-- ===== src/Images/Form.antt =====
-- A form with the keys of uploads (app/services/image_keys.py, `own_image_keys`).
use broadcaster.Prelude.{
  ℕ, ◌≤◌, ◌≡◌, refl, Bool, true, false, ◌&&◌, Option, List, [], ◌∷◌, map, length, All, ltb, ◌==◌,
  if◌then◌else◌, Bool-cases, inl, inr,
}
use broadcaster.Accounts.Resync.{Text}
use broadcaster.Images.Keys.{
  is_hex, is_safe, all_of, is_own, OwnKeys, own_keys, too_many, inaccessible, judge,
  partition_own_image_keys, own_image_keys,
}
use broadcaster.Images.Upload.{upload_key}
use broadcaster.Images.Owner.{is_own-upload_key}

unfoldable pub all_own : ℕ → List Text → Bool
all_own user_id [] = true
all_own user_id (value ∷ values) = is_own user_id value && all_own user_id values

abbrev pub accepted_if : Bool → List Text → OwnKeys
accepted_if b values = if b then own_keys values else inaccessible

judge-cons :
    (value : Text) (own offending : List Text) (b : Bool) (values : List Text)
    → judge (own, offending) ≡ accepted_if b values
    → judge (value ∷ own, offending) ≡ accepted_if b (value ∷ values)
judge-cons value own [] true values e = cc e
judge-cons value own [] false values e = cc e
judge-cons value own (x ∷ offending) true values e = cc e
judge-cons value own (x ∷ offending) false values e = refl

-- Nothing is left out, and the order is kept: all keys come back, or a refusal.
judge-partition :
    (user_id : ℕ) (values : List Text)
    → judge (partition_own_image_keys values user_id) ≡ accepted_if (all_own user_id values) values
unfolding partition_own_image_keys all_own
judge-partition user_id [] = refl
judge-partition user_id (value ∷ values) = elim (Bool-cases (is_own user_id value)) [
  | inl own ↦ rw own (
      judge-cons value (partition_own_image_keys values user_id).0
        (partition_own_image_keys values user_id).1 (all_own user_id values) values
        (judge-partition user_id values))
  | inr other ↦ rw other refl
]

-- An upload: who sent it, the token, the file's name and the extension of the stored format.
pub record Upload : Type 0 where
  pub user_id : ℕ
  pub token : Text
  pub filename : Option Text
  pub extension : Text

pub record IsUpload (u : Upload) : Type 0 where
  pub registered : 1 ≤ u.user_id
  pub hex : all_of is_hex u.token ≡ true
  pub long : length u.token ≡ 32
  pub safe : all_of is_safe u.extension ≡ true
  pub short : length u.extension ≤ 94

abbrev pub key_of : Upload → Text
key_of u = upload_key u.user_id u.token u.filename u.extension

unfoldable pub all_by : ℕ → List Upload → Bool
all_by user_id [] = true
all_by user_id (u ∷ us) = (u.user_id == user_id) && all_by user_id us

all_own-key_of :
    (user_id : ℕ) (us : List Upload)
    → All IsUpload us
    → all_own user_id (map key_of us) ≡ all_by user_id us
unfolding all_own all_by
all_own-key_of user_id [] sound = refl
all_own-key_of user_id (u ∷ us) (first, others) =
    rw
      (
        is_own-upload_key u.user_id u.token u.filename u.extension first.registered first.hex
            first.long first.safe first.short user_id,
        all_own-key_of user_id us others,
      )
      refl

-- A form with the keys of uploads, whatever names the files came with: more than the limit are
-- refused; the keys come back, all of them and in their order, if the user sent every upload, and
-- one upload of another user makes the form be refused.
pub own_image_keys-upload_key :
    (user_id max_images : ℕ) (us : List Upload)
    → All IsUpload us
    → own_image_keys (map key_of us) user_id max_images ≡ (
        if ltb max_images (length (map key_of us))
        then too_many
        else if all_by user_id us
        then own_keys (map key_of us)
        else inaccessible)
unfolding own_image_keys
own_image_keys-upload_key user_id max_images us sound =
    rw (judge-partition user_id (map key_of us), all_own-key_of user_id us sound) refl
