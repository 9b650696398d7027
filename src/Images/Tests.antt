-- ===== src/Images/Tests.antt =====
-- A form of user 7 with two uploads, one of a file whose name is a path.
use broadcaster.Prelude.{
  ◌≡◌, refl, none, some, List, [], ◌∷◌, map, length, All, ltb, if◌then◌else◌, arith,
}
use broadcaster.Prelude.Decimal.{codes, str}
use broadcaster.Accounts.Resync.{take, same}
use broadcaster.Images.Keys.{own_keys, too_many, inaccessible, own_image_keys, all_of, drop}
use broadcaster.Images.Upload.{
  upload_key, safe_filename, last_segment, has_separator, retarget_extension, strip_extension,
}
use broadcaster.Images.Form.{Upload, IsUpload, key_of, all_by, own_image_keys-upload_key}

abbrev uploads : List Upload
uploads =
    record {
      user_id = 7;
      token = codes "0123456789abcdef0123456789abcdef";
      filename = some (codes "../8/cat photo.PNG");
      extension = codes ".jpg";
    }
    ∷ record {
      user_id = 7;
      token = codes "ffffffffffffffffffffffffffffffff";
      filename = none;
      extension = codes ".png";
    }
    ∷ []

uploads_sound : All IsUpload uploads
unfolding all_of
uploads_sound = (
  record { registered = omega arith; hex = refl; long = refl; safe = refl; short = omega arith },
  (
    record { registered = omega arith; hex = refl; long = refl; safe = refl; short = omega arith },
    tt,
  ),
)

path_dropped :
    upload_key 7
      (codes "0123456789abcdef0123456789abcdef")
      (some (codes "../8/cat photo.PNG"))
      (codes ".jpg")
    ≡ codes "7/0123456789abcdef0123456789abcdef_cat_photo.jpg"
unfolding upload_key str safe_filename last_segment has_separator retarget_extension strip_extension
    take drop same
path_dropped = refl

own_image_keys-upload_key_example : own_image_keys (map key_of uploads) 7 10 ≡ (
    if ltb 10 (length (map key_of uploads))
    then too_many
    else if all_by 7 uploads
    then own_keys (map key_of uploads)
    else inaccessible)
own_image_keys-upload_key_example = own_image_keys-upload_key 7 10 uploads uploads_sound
· · · ·
• Exercise goal: Scan the records above. Return every line with "antt" in it.

• Result for this exercise:
-- ===== src/Images/Form.antt =====
filename src/Images/Tests.antt
-- ===== src/Images/Tests.antt =====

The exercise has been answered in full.